Online shoe retailer Zappos is often cited in case studies about e-commerce and stellar customer service. This is a company that took considerable risk as an Internet start-up at a time when the bursting of the dot-com bubble was still wreaking havoc on Wall Street. In 2009, however, Zappos merged with Amazon for a cool $1.2 billion and became a popular subject of discussion among business scholars and analysts.
There is a lot to learn about Zappos, particularly with regard to corporate culture. A rich culture is something many businesses often talk about but fail to develop, leading to unhappy employees and an overall poor customer experience. Zappos’ CEO Tony Hsieh has promoted his company’s unique culture and effective implementation since 2010; he explains that fostering an enticing corporate culture translates into success thanks to the earnest contributions of associates.
Applying the Zappos culture to law firms
Putting clients first is standard practice at several law firms. Zappos believes that putting associates first results in happy clients since their interactions with the company will always be pleasant as a result. The process of empowering associates at Zappos can be equally used by an online retailer or a Charlotte personal bankruptcy law firm — happy employees are more productive employees.

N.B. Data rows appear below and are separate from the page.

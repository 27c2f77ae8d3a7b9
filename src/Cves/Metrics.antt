-- ===== src/Cves/Metrics.antt =====
-- The choice of a CVSS score in core/parser.py.
use third_party_vendor_risk.Base.{
  ◌≡◌, refl, ◌⊎◌, inl, inr, String, true, false, none, some, List, [], ◌∷◌, ◌++◌, arith, All,
  Bool-cases, Option-cases,
}
use third_party_vendor_risk.Json.{Json, null, Fields, get, truthy, dict_or_empty}
use third_party_vendor_risk.Cves.{Cvss, cvss_chain, first_entry, scan, extract_cvss}

-- The metric that a score was taken from: the first of the chain whose list is not empty.
pub record Chosen (metrics : Fields) (chain : List (String × String)) (c : Cvss) : Type 0 where
  pub before : List (String × String)
  pub key : String
  pub version : String
  pub after : List (String × String)
  pub entry : Fields
  pub base : Fields
  pub split : chain ≡ before ++ ((key, version) ∷ after)
  pub all_empty : All (λ kv. truthy (get kv.0 metrics) ≡ false) before
  pub not_empty : truthy (get key metrics) ≡ true
  pub first : first_entry (get key metrics) ≡ some entry
  pub based : dict_or_empty (get "cvssData" entry) ≡ some base
  pub of_version : c.version ≡ some version
  pub of_score : c.score ≡ get "baseScore" base

-- No list of the chain has an entry, and there is no score.
pub record Unscored (metrics : Fields) (chain : List (String × String)) (c : Cvss) : Type 0 where
  pub none_there : All (λ kv. truthy (get kv.0 metrics) ≡ false) chain
  pub no_score : c.score ≡ null
  pub no_version : c.version ≡ none

scan-cases :
    (metrics : Fields) (chain : List (String × String)) (c : Cvss)
    → scan metrics chain ≡ some c
    → Chosen metrics chain c ⊎ Unscored metrics chain c
unfolding scan
scan-cases metrics [] c h = inr (record { none_there = tt; no_score = cc; no_version = cc })
scan-cases metrics ((key, version) ∷ chain) c h = elim (Bool-cases (truthy (get key metrics))) [
  | inr skipped ↦
      let later : scan metrics chain ≡ some c = rw (scan, skipped) at h in
      elim (scan-cases metrics chain c later) [
        | inl k ↦ inl (record {
          before = (key, version) ∷ k.before;
          key = k.key;
          version = k.version;
          after = k.after;
          entry = k.entry;
          base = k.base;
          split = rw k.split refl;
          all_empty = (skipped, k.all_empty);
          not_empty = k.not_empty;
          first = k.first;
          based = k.based;
          of_version = k.of_version;
          of_score = k.of_score;
        })
        | inr u ↦ inr (record {
          none_there = (skipped, u.none_there);
          no_score = u.no_score;
          no_version = u.no_version;
        })
      ]
  | inl found ↦ elim (Option-cases (first_entry (get key metrics))) [
    | inl broken ↦ absurd (ground arith)
    | inr (entry, first) ↦ elim (Option-cases (dict_or_empty (get "cvssData" entry))) [
      | inl broken ↦ absurd (ground arith)
      | inr (base, based) ↦ inl (record {
        before = [];
        key = key;
        version = version;
        after = chain;
        entry = entry;
        base = base;
        split = refl;
        all_empty = tt;
        not_empty = found;
        first = first;
        based = based;
        of_version = ground arith;
        of_score = ground arith;
      })
    ]
  ]
]

-- A score is never made up: what `extract_cvss` returns is the base score of the first metric of
-- the chain that has entries, with that metric's version; or no metric has any, and both the score
-- and the version are None.
pub extract_cvss-cases :
    (metrics : Json) (fields : Fields) (c : Cvss)
    → dict_or_empty metrics ≡ some fields
    → extract_cvss metrics ≡ some c
    → Chosen fields cvss_chain c ⊎ Unscored fields cvss_chain c
unfolding extract_cvss
extract_cvss-cases metrics fields c read h =
    scan-cases fields cvss_chain c (rw (extract_cvss, read) at h)
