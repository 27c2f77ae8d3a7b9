-- ===== src/Cves/Records.antt =====
-- Whole records and responses in core/parser.py.
use third_party_vendor_risk.Base.{
  ◌≡◌, refl, inl, inr, Option, none, some, List, ◌∷◌, ◌++◌, Bool-cases, Option-cases,
}
use third_party_vendor_risk.Json.{
  null, Items, nil, cons, Fields, get, truthy, as_dict, dict_or_empty, list_or_empty, ◌>>=◌,
}
use third_party_vendor_risk.Cves.{
  CveRecord, scan, extract_cvss, extract_kev, extract_description, parse_cve, cve_of, parse_items,
}

-- A record without metrics and descriptions is parsed all the same, whatever else it has or lacks:
-- it keeps its id, has neither score nor version nor description, and parsing does not raise.
pub parse_cve_bare :
    (cve : Fields)
    → get "metrics" cve ≡ null
    → get "descriptions" cve ≡ null
    → (r : CveRecord) × (parse_cve cve ≡ some r)
      × (r.cve_id ≡ get "id" cve)
      × (r.cvss.score ≡ null)
      × (r.cvss.version ≡ none)
      × (r.description ≡ null)
      × (r.kev ≡ extract_kev cve)
unfolding parse_cve extract_cvss extract_description scan get dict_or_empty list_or_empty
parse_cve_bare cve no_metrics no_descriptions =
    let r : CveRecord = record {
      cve_id = get "id" cve;
      cvss = record { score = null; version = none; severity = null };
      kev = extract_kev cve;
      published_date = get "published" cve;
      vuln_status = get "vulnStatus" cve;
      description = null;
    } in
    (
      r,
      rw (parse_cve, extract_cvss, extract_description, no_metrics, no_descriptions) refl,
      refl,
      refl,
      refl,
      refl,
      refl,
    )

-- The items of two pages, one after the other.
abbrev pub append : Items → Items → Items
append nil ys = ys
append (cons x xs) ys = cons x (append xs ys)

-- The records of both pages, if both can be parsed.
abbrev pub both : Option (List CveRecord) → Option (List CveRecord) → Option (List CveRecord)
both xs ys = xs >>= λ a. ys >>= λ b. some (a ++ b)

both-first :
    (r : CveRecord) (xs ys : Option (List CveRecord))
    → (both xs ys >>= λ rs. some (r ∷ rs)) ≡ both (xs >>= λ rs. some (r ∷ rs)) ys
both-first r none ys = refl
both-first r (some a) none = refl
both-first r (some a) (some b) = refl

-- Parsing merged pages is parsing the pages: the records of both in order, and an exception where
-- one of them raises.
pub parse_items-append :
    (xs ys : Items) → parse_items (append xs ys) ≡ both (parse_items xs) (parse_items ys)
unfolding parse_items
parse_items-append nil ys = elim (Option-cases (parse_items ys)) [
  | inl broken ↦ rw broken refl
  | inr (rs, parsed) ↦ rw parsed refl
]
parse_items-append (cons item xs) ys = elim (Bool-cases (truthy (cve_of item))) [
  | inr skipped ↦ rw (parse_items, skipped) (parse_items-append xs ys)
  | inl present ↦ elim (Option-cases (as_dict (cve_of item))) [
    | inl broken ↦ rw (parse_items, present, broken) refl
    | inr (cve, read) ↦ elim (Option-cases (parse_cve cve)) [
      | inl broken ↦ rw (parse_items, present, read, broken) refl
      | inr (r, parsed) ↦
          rw (parse_items, present, read, parsed, parse_items-append xs ys)
            (both-first r (parse_items xs) (parse_items ys))
    ]
  ]
]
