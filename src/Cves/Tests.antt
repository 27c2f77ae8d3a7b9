-- ===== src/Cves/Tests.antt =====
-- Concrete runs of core/parser.py.
use third_party_vendor_risk.Base.{◌≡◌, refl, ◌⊎◌, true, none, some, [], ◌∷◌}
use third_party_vendor_risk.Json.{
  null, str, tenths, arr, obj, Items, nil, cons, Fields, end, field, get, dict_or_empty,
  list_or_empty,
}
use third_party_vendor_risk.Cves.{
  Cvss, CveRecord, scan, cvss_chain, first_entry, extract_cvss, extract_kev, extract_description,
  parse_cve, parse_items, parse_response,
}
use third_party_vendor_risk.Cves.Metrics.{Chosen, Unscored, extract_cvss-cases}
use third_party_vendor_risk.Cves.Records.{append}

-- An empty list for 3.1, and a score for 2.0.
abbrev metrics : Fields
metrics = field "cvssMetricV31" (arr nil) (
    field "cvssMetricV2"
      (arr (
        cons
          (obj (
            field "baseSeverity" (str "HIGH")
              (field "cvssData" (obj (field "baseScore" (tenths 75) end)) end)))
          nil))
      end)

abbrev scored : Cvss
scored = record { score = tenths 75; version = some "2.0"; severity = str "HIGH" }

extract_cvss_test : extract_cvss (obj metrics) ≡ some scored
unfolding extract_cvss dict_or_empty scan first_entry get
extract_cvss_test = refl

metrics_read : dict_or_empty (obj metrics) ≡ some metrics
unfolding dict_or_empty
metrics_read = refl

extract_cvss-cases_example : Chosen metrics cvss_chain scored ⊎ Unscored metrics cvss_chain scored
extract_cvss-cases_example =
    extract_cvss-cases (obj metrics) metrics scored metrics_read extract_cvss_test

abbrev log4shell : Fields
log4shell = field "id" (str "CVE-2021-44228") (field "cisaExploitAdd" (str "2021-12-10") end)

lacks_metrics : get "metrics" log4shell ≡ null
unfolding get
lacks_metrics = refl

lacks_descriptions : get "descriptions" log4shell ≡ null
unfolding get
lacks_descriptions = refl

-- An item with a record, and one that is no object.
abbrev items : Items
items = cons (obj (field "cve" (obj log4shell) end)) (cons (str "noise") nil)

abbrev more_items : Items
more_items = cons (obj (field "cve" (obj (field "vulnStatus" (str "Deferred") end)) end)) nil

abbrev payload : Fields
payload = field "vulnerabilities" (arr (append items more_items)) end

abbrev parsed : CveRecord
parsed = record {
  cve_id = str "CVE-2021-44228";
  cvss = record { score = null; version = none; severity = null };
  kev = record { is_kev = true; date_added = str "2021-12-10"; due_date = null };
  published_date = null;
  vuln_status = null;
  description = null;
}

parse_response_test : parse_response payload ≡ some (parsed ∷ [])
unfolding parse_response parse_items parse_cve extract_cvss extract_kev extract_description scan get
    dict_or_empty list_or_empty
parse_response_test = refl
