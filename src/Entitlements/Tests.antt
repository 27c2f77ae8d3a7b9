-- ===== src/Entitlements/Tests.antt =====
-- Organizations on the plans, and the theorems about the limits at them.
use third_party_vendor_risk.Base.{◌≡◌, refl, true, [], ◌∷◌, ok, err, plan_limit, nat_eq, string_eq}
use third_party_vendor_risk.Tenancy.{Organization, Db}
use third_party_vendor_risk.Entitlements.{
  plan_for, next_plan, vendor_count, require_vendor_capacity, require_member_capacity,
  require_sync_interval, require_pdf_reports,
}
use third_party_vendor_risk.Entitlements.Limits.{require_upgrade}

abbrev on_free : Organization
on_free = record { id = 1; slug = "acme"; plan = "gold" }

abbrev on_team : Organization
on_team = record { id = 1; slug = "acme"; plan = "team" }

abbrev db : Db
db = record {
  organizations = on_free ∷ [];
  users = [];
  identities = [];
  memberships = [];
  invitations = [];
  vendor_orgs = 1 ∷ 2 ∷ 1 ∷ [];
}

-- A plan that is not known is Free, with room for ten vendors.
fills_up :
    (require_vendor_capacity db on_free 8 ≡ ok tt)
    × (require_vendor_capacity db on_free 9 ≡ err plan_limit)
unfolding require_vendor_capacity plan_for vendor_count
fills_up = (refl, refl)

require_upgrade_example :
    (require_vendor_capacity db on_free 8 ≡ ok tt → require_vendor_capacity db on_team 8 ≡ ok tt)
    × (require_member_capacity 0 db on_free true ≡ ok tt
        → require_member_capacity 0 db on_team true ≡ ok tt)
    × (require_sync_interval on_free 24 ≡ ok tt → require_sync_interval on_team 24 ≡ ok tt)
    × (require_pdf_reports on_free ≡ ok tt → require_pdf_reports on_team ≡ ok tt)
unfolding next_plan plan_for
require_upgrade_example = require_upgrade 0 db on_free on_team 8 24 true refl refl
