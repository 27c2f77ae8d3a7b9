-- ===== src/Exports/Jobs.antt =====
-- The table of app/models/ops.py, and the queueing, the claim and the failure of a job in
-- app/services/export_service.py.
use third_party_vendor_risk.Base.{
  ℕ, String, Bool, true, false, ◌&&◌, Option, none, some, List, ◌∷◌, ◌==◌, nat_eq, string_eq,
  nat_beq, leb, count_if, update_if, Result, ok, ◌>>◌, raise_if, too_many_requests,
}
use third_party_vendor_risk.Tenancy.{Organization}
use third_party_vendor_risk.Entitlements.{require_pdf_reports}

pub data ExportFormat : Type 0 where
  csv pdf : ExportFormat

pub data ExportStatus : Type 0 where
  queued running succeeded failed expired : ExportStatus

pub record ExportJob : Type 0 where
  pub id : ℕ
  pub org_id : ℕ
  pub requested_by : Option ℕ
  pub format : ExportFormat
  pub status : ExportStatus
  pub filename : Option String
  pub content_type : Option String
  pub object_key : Option String
  pub size_bytes : Option ℕ
  pub error : Option String
  pub created_at : ℕ
  pub started_at : Option ℕ
  pub completed_at : Option ℕ
  pub expires_at : Option ℕ

pub record Exports : Type 0 where
  pub jobs : List ExportJob
  pub files : List String

-- The settings `export_*`, in seconds.
pub record Settings : Type 0 where
  pub max_active_per_org : ℕ
  pub retention : ℕ
  pub stale_after : ℕ

abbrev pub is_queued : ExportStatus → Bool
is_queued queued = true
is_queued running = false
is_queued succeeded = false
is_queued failed = false
is_queued expired = false

-- `_ACTIVE`
abbrev pub is_active : ExportStatus → Bool
is_active queued = true
is_active running = true
is_active succeeded = false
is_active failed = false
is_active expired = false

abbrev pub is_succeeded : ExportStatus → Bool
is_succeeded queued = false
is_succeeded running = false
is_succeeded succeeded = true
is_succeeded failed = false
is_succeeded expired = false

-- `CONTENT_TYPES`
abbrev pub content_type_of : ExportFormat → String
content_type_of csv = "text/csv; charset=utf-8"
content_type_of pdf = "application/pdf"

abbrev pub pdf_unavailable : String
pdf_unavailable = "PDF rendering is not available on this server."

abbrev pub render_failed : String
render_failed = "The export could not be generated. Try again in a moment."

abbrev pub timed_out : String
timed_out = "The export did not finish in time. Try again."

unfoldable pub is_past_retention : ExportJob → ℕ → Bool
is_past_retention job now = elim job.expires_at [ none ↦ false | some t ↦ leb t now ]

-- The queued and running jobs of an organization.
unfoldable pub active_count : Exports → ℕ → ℕ
active_count s org_id = count_if (λ j. j.org_id == org_id && is_active j.status) s.jobs

-- `org = db.get(Organization, org_id); if org is not None: require_pdf_reports(org)`
unfoldable pub check_format : Option Organization → ExportFormat → Result (Unit {0})
check_format org csv = ok tt
check_format none pdf = ok tt
check_format (some org) pdf = require_pdf_reports org

-- `id` is the key that the database gives to the new row.
unfoldable pub create_job :
    Settings
    → (now id : ℕ) → Exports
    → (org : Option Organization) (org_id : ℕ) (user_id : Option ℕ) (format : ExportFormat)
    → Result (ExportJob × Exports)
create_job settings now id s org org_id user_id format = do
  check_format org format
  raise_if (leb settings.max_active_per_org (active_count s org_id)) too_many_requests
  let job : ExportJob = record {
    id = id;
    org_id = org_id;
    requested_by = user_id;
    format = format;
    status = queued;
    filename = none;
    content_type = none;
    object_key = none;
    size_bytes = none;
    error = none;
    created_at = now;
    started_at = none;
    completed_at = none;
    expires_at = none;
  }
  ok (job, record s { jobs = job ∷ s.jobs })

-- `ExportJob.id == job_id, ExportJob.status.in_(_ACTIVE)`
abbrev pub is_active_job : ℕ → ExportJob → Bool
is_active_job job_id j = j.id == job_id && is_active j.status

unfoldable pub mark_failed : ℕ → Exports → (job_id : ℕ) (message : String) → Exports
mark_failed now s job_id message = record s {
  jobs =
      update_if (is_active_job job_id)
        (λ j. record j { status = failed; error = some message; completed_at = some now }) s.jobs;
}

-- `ExportJob.id == job_id, ExportJob.status == ExportStatus.queued`
abbrev pub is_queued_job : ℕ → ExportJob → Bool
is_queued_job job_id j = j.id == job_id && is_queued j.status

-- The first transaction of `run_job`: whether this delivery claims the job, one row being updated.
unfoldable pub claim_job : (started : ℕ) → Exports → (job_id : ℕ) → Bool × Exports
claim_job started s job_id = (
  nat_beq (count_if (is_queued_job job_id) s.jobs) 1,
  record s {
    jobs =
        update_if (is_queued_job job_id)
          (λ j. record j { status = running; started_at = some started }) s.jobs;
  },
)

The corporate culture established by Zappos finds its roots in the Theory Y of employee behavior, whereby associates who are satisfied with their role at the company are deeply committed to their organizations. The first step is to invite the right associates by defining an expansive vision. In the case of a bankruptcy firm, this means more than just filing for insolvency on behalf of clients; the vision must include the positive aspects of giving people a shot at starting over without financial constraints.
Zappos encourages associates to find their purpose and define what makes them special. For bankruptcy attorneys this could mean dealing effectively with creditors, getting along with a difficult trustee or upholding the firm’s values. Each law firm must have a set of priorities, and it is up to all employees to constantly preserve them.